The solutions to the problems of expected and empirical risk minimization:

$\displaystyle f_{opt}$ $\displaystyle =$ $\displaystyle \arg \min_{f\in {\mathcal F}} R\left( f\right),$ (10.5)
$\displaystyle \hat{f}_n$ $\displaystyle =$ $\displaystyle \arg \min_{f\in {\mathcal F}} \hat{R}\left( f\right),$ (10.6)

generally do not coincide (Figure 10.1), although they converge to each other as $ n\rightarrow \infty$ if $ {\mathcal F}$ is not too large.

Figure 10.1: The minima $ f_{opt}$ and $ \hat{f}_n$ of the expected ($ R$) and empirical ($ \hat{R}$) risk functions generally do not coincide.
\includegraphics[width=0.92\defpicwidth]{_func.ps}

We cannot minimize expected risk directly since the distribution $ P({ x},y)$ is unknown. However, according to statistical learning theory (Vapnik; 1995), it is possible to estimate the Vapnik-Chervonenkis (VC) bound that holds with a certain probability $ 1-\eta$:

$\displaystyle R\left( f\right) \leq \hat{R}\left( f\right) +\phi \left( \frac hn,\frac{\ln (\eta )}n\right).$     (10.7)

For a linear indicator function $ g(x)={\rm sign}(x^\top w+b)$:
$\displaystyle \phi \left( \frac hn,\frac{\ln (\eta )}n\right) = \sqrt{\frac{h\left( \ln \frac{2n}h\right) -\ln \frac \eta 4}n},$     (10.8)

where $ h$ is the VC dimension.

The VC dimension of the function set $ {\mathcal F}$ in a $ d$-dimensional space is $ h$ if some function $ f\in {\mathcal F}$ can shatter $ h$ objects $ \left\{ {
x}_i \in {\mathbb{R}}^d, i=1,...,h\right\}$, in all $ 2^h$ possible configurations and no set $ \left\{ { x}_j \in {\mathbb{R}}^d,
j=1,...,q\right\}$, exists where $ q>h$ that satisfies this property. For example, three points on a plane ($ d=2$) can be shattered by linear indicator functions in $ 2^h=2^3=8$ ways, whereas 4 points cannot be shattered in $ 2^q=2^4=16$ ways. Thus, the VC dimension of the set of linear indicator functions in a two-dimensional space is three, see Figure 10.2.

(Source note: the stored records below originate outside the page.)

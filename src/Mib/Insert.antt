-- ===== src/Mib/Insert.antt =====
-- Registration, `mib_tree_instance_insert` and `mib_node_reg` of core/mib_tree.c.
pub mod Steps
pub mod Lookup
pub mod Keeps
pub mod Room
pub mod Refused
pub mod Register
use smartsnmp.Base.{ℕ, List, [], ◌∷◌, Option, none, some, ltb, ◌==◌, if◌then◌else◌, length}
use smartsnmp.Base.Int.{ℤ, pos, negsuc}
use smartsnmp.Mib.Node.{Node, group_node, instance_node, found, vacant, null}
use smartsnmp.Mib.Node.{
  set_ptr, put_sub, expand_cap, is_raw_group, slot_of, sub_id_cnt, Slot, Subs, mib_group_node_new,
}

-- The tree after an insertion, the null pointer that stands for "bad traversal", or a crash.
pub data Inserted : Type 0 where
  inserted : Node → Inserted
  refused : Inserted
  fault : Inserted

-- The pointer to the changed child is unchanged in its parent.
unfoldable pub graft : (Node → Node) → Inserted → Inserted
graft f (inserted n) = inserted (f n)
graft f refused = refused
graft f fault = fault

-- In a newly allocated group the first place is taken as it is; any other is searched.
unfoldable pub open_slot : ℕ → Subs → Slot
unfolding is_raw_group slot_of
open_slot id s = if is_raw_group s then vacant 0 else slot_of id s

unfoldable pub room_for : ℕ → Subs → ℕ
unfolding is_raw_group expand_cap
room_for room s = if is_raw_group s then room else expand_cap room s

-- The new entry, and the entries that are moved up, are written behind the arrays where the capacity, a
-- `uint16_t`, has wrapped.
unfoldable pub within : ℕ → Subs → Inserted → Inserted
unfolding room_for sub_id_cnt
within room s r = if ltb (sub_id_cnt s) (room_for room s) then r else fault

unfoldable pub mib_tree_instance_insert : List ℕ → ℕ → Node → Inserted
unfolding graft open_slot room_for within put_sub set_ptr mib_group_node_new
mib_tree_instance_insert [] callback node = refused
mib_tree_instance_insert (id ∷ oid) callback (instance_node c) = refused
mib_tree_instance_insert (id ∷ oid) callback (group_node room s) =
    let deeper = mib_tree_instance_insert oid callback mib_group_node_new in
    elim (open_slot id s) [
      | found i child ↦
          graft (λ n. group_node room (set_ptr i n s)) (mib_tree_instance_insert oid callback child)
      | vacant i ↦ within room s (
          graft (λ n. group_node (room_for room s) (put_sub i id n s))
            (elim oid [ [] ↦ inserted (instance_node callback) | r ∷ rs ↦ deeper ]))
      | null ↦ fault
    ]

-- The status that `mib_node_reg` returns, and the root.
unfoldable pub reg_result : Node → Inserted → Option (ℤ × Node)
reg_result root (inserted n) = some (pos 0, n)
reg_result root refused = some (negsuc 0, root)
reg_result root fault = none

-- `none` is a crash. MIB_OID_MAX_LEN is 64.
unfoldable pub mib_node_reg : List ℕ → ℕ → Node → Option (ℤ × Node)
unfolding mib_tree_instance_insert reg_result
mib_node_reg oid callback root =
    if length oid == 0
    then some (negsuc 0, root)
    else if ltb 64 (length oid)
    then some (negsuc 0, root)
    else reg_result root (mib_tree_instance_insert oid callback root)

Figure 10.2: Eight possible ways of shattering 3 points on the plane with a linear indicator function.
\includegraphics[width=1.21\defpicwidth]{_ex1.ps}

The expression for the VC bound (10.7) is a regularized functional where the VC dimension $ h$ is a parameter controlling complexity of the classifier function. The term $ \phi \left( \frac hn,\frac{\ln (\eta )}n\right)$ introduces a penalty for the excessive complexity of a classifier function. There is a trade-off between the number of classification errors on the training set and the complexity of the classifier function. If the complexity were not controlled, it would be possible to find such a classifier function that would make no classification errors on the training set notwithstanding how low its generalization ability would be.